Start of DATA PROVIDED

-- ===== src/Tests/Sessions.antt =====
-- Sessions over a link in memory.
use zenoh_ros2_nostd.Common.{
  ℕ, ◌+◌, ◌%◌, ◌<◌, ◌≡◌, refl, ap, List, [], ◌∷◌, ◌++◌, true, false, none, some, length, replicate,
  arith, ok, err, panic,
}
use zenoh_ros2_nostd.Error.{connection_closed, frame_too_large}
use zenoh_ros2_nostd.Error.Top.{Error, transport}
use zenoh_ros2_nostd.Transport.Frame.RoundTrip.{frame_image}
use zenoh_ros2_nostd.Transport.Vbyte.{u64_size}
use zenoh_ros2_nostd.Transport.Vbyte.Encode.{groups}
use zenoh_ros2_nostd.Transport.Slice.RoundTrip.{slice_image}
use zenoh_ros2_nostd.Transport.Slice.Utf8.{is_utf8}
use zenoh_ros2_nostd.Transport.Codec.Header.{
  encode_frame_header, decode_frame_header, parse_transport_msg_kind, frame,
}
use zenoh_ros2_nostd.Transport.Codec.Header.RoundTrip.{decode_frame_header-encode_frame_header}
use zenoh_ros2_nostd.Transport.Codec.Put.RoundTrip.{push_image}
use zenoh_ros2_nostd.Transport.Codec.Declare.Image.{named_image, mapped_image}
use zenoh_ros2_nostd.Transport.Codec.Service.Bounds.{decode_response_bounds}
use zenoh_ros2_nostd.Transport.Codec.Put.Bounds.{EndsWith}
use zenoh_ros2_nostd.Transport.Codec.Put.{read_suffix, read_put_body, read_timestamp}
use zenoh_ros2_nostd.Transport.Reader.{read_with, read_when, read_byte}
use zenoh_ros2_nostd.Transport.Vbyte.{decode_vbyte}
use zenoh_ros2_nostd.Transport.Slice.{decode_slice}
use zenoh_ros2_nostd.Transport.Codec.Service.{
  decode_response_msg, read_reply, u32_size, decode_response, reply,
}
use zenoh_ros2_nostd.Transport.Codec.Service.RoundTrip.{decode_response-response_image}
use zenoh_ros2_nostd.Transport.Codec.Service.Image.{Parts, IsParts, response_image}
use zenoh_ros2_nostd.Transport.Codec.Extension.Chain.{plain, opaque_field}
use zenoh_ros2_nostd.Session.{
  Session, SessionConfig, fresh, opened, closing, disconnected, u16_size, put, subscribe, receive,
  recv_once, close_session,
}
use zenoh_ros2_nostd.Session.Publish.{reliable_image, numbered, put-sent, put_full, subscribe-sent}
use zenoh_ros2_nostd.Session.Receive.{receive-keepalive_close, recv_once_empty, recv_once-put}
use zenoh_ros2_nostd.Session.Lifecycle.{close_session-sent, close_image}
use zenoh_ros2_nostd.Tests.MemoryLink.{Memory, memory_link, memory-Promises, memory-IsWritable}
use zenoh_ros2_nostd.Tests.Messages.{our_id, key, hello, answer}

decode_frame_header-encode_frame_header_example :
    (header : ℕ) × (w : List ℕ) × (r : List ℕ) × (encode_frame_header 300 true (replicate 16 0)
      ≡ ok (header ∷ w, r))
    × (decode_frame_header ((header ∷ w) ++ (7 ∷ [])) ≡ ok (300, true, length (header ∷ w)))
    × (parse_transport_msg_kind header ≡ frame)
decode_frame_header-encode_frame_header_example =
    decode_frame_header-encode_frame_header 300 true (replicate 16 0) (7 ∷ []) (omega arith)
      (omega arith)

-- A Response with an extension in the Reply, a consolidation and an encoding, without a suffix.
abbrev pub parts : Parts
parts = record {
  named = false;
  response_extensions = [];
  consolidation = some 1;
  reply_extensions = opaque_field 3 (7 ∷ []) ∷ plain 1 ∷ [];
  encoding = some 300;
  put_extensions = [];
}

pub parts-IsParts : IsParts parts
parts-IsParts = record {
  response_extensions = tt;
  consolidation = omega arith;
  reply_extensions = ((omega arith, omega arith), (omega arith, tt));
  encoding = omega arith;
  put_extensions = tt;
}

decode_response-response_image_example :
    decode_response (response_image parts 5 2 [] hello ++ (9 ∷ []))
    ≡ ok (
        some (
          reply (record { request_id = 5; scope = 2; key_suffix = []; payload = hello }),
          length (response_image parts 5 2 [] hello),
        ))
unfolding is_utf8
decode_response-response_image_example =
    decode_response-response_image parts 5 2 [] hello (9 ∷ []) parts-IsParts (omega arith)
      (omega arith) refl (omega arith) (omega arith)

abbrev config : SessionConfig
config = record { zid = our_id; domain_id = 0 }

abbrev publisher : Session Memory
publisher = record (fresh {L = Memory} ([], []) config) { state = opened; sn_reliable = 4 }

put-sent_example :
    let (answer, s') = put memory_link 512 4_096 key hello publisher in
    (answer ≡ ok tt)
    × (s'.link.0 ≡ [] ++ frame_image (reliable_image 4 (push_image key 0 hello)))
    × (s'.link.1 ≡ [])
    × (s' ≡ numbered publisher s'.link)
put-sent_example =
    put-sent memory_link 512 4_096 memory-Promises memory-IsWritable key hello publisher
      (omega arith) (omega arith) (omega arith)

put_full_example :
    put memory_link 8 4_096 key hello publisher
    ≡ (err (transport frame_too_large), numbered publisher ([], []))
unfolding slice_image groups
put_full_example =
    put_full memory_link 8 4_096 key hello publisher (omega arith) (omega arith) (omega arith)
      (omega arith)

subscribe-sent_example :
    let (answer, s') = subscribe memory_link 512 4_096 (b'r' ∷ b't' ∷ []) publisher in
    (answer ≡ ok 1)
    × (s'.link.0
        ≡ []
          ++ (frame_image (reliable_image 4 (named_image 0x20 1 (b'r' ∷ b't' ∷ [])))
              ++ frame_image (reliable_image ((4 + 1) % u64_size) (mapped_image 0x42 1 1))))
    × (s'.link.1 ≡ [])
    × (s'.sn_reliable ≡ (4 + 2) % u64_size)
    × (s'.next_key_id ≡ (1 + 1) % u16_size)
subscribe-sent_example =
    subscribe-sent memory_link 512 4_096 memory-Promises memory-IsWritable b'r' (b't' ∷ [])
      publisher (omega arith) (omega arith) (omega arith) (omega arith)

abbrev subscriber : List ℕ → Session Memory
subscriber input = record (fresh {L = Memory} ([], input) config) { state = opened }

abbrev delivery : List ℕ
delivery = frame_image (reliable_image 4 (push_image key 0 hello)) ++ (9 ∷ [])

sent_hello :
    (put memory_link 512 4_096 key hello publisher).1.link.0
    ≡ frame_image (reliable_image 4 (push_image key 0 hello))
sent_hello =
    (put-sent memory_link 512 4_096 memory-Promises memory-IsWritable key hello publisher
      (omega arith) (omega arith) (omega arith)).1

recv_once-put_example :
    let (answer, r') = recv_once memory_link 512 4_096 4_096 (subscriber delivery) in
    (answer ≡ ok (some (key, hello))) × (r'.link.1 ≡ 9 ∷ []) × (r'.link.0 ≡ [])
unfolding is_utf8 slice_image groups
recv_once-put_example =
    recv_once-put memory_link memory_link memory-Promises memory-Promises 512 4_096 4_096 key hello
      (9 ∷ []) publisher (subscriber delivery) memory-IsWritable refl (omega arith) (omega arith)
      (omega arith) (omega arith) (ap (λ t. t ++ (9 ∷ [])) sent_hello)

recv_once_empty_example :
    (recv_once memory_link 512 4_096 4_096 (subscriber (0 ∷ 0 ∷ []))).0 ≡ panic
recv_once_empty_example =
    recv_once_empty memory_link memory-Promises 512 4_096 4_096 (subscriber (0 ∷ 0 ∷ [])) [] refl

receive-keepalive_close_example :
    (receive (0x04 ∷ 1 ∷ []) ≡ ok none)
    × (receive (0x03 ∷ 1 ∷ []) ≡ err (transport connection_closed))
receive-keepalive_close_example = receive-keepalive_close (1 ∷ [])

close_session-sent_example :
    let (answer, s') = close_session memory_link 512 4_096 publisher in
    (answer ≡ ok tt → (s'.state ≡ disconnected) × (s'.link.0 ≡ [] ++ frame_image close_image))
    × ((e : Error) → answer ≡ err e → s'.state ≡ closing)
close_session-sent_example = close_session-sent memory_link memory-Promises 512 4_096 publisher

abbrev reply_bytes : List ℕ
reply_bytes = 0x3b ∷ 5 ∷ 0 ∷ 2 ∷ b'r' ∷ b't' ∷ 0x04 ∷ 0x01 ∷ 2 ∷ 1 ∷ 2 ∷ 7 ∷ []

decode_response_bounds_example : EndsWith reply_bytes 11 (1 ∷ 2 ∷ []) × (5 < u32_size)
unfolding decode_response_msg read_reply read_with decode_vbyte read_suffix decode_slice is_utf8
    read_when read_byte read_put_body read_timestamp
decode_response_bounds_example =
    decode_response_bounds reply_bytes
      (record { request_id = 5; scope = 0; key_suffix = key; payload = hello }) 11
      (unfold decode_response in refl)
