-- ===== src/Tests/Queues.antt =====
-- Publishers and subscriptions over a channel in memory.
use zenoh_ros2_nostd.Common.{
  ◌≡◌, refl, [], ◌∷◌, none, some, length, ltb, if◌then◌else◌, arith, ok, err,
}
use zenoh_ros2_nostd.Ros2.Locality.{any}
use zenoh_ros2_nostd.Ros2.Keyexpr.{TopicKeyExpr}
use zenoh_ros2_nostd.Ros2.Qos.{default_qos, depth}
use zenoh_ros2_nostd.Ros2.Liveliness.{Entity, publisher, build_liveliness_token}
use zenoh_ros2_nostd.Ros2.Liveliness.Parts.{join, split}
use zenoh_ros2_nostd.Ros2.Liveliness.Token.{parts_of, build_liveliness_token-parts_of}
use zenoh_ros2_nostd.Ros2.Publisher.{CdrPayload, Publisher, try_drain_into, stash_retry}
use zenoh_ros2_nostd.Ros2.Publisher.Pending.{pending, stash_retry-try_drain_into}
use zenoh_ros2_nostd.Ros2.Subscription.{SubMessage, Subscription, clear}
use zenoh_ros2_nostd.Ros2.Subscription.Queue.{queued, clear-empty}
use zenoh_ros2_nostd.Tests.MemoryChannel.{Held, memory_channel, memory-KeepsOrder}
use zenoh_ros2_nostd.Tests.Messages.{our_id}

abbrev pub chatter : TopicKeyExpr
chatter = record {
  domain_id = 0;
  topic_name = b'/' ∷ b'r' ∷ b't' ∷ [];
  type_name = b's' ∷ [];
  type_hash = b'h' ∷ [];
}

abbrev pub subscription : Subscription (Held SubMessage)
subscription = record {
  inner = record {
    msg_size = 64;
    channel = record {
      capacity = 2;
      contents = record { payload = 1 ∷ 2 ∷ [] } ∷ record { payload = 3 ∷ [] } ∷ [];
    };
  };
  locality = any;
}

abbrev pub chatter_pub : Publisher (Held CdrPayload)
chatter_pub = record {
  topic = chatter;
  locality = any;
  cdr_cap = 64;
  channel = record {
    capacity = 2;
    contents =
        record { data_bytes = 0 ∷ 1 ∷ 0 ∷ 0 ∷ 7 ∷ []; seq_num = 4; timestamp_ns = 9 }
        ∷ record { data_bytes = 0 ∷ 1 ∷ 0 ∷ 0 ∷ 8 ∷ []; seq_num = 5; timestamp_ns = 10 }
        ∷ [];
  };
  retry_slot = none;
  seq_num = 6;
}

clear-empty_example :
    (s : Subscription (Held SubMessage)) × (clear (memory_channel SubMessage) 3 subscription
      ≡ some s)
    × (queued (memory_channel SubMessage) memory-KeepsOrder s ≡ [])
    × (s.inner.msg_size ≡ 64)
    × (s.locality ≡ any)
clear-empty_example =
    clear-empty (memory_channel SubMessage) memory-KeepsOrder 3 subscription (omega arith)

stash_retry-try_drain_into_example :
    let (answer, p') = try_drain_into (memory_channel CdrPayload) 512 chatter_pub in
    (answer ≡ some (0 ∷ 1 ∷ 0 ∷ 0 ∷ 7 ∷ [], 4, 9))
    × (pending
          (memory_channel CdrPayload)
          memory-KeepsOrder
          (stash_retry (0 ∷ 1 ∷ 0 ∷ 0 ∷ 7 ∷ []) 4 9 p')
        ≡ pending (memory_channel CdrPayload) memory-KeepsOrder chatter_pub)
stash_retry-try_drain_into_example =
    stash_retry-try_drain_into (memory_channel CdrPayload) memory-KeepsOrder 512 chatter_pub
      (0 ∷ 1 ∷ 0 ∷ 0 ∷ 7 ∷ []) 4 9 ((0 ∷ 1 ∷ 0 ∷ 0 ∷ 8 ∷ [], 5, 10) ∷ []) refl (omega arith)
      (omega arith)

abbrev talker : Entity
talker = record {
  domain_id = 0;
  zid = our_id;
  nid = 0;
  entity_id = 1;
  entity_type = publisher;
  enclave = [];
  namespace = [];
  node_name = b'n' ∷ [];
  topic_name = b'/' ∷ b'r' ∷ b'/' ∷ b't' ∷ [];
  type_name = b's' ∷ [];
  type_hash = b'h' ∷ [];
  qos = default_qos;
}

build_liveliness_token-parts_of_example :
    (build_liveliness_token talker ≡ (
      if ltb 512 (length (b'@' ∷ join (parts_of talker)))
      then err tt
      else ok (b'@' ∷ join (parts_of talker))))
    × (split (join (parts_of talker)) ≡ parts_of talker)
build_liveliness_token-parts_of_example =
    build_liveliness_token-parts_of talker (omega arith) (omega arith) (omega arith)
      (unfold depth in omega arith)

End of DATA PROVIDED

*WHAT IS EXPECTED*: Give back exactly the lines from the one containing "(stash_retry (0 ∷" to the end of the material, both ends included.

*WRITTEN ANSWER*:
          (stash_retry (0 ∷ 1 ∷ 0 ∷ 0 ∷ 7 ∷ []) 4 9 p')
        ≡ pending (memory_channel CdrPayload) memory-KeepsOrder chatter_pub)
stash_retry-try_drain_into_example =
    stash_retry-try_drain_into (memory_channel CdrPayload) memory-KeepsOrder 512 chatter_pub
      (0 ∷ 1 ∷ 0 ∷ 0 ∷ 7 ∷ []) 4 9 ((0 ∷ 1 ∷ 0 ∷ 0 ∷ 8 ∷ [], 5, 10) ∷ []) refl (omega arith)
      (omega arith)

abbrev talker : Entity
talker = record {
  domain_id = 0;
  zid = our_id;
  nid = 0;
  entity_id = 1;
  entity_type = publisher;
  enclave = [];
  namespace = [];
  node_name = b'n' ∷ [];
  topic_name = b'/' ∷ b'r' ∷ b'/' ∷ b't' ∷ [];
  type_name = b's' ∷ [];
  type_hash = b'h' ∷ [];
  qos = default_qos;
}

build_liveliness_token-parts_of_example :
    (build_liveliness_token talker ≡ (
      if ltb 512 (length (b'@' ∷ join (parts_of talker)))
      then err tt
      else ok (b'@' ∷ join (parts_of talker))))
    × (split (join (parts_of talker)) ≡ parts_of talker)
build_liveliness_token-parts_of_example =
    build_liveliness_token-parts_of talker (omega arith) (omega arith) (omega arith)
      (unfold depth in omega arith)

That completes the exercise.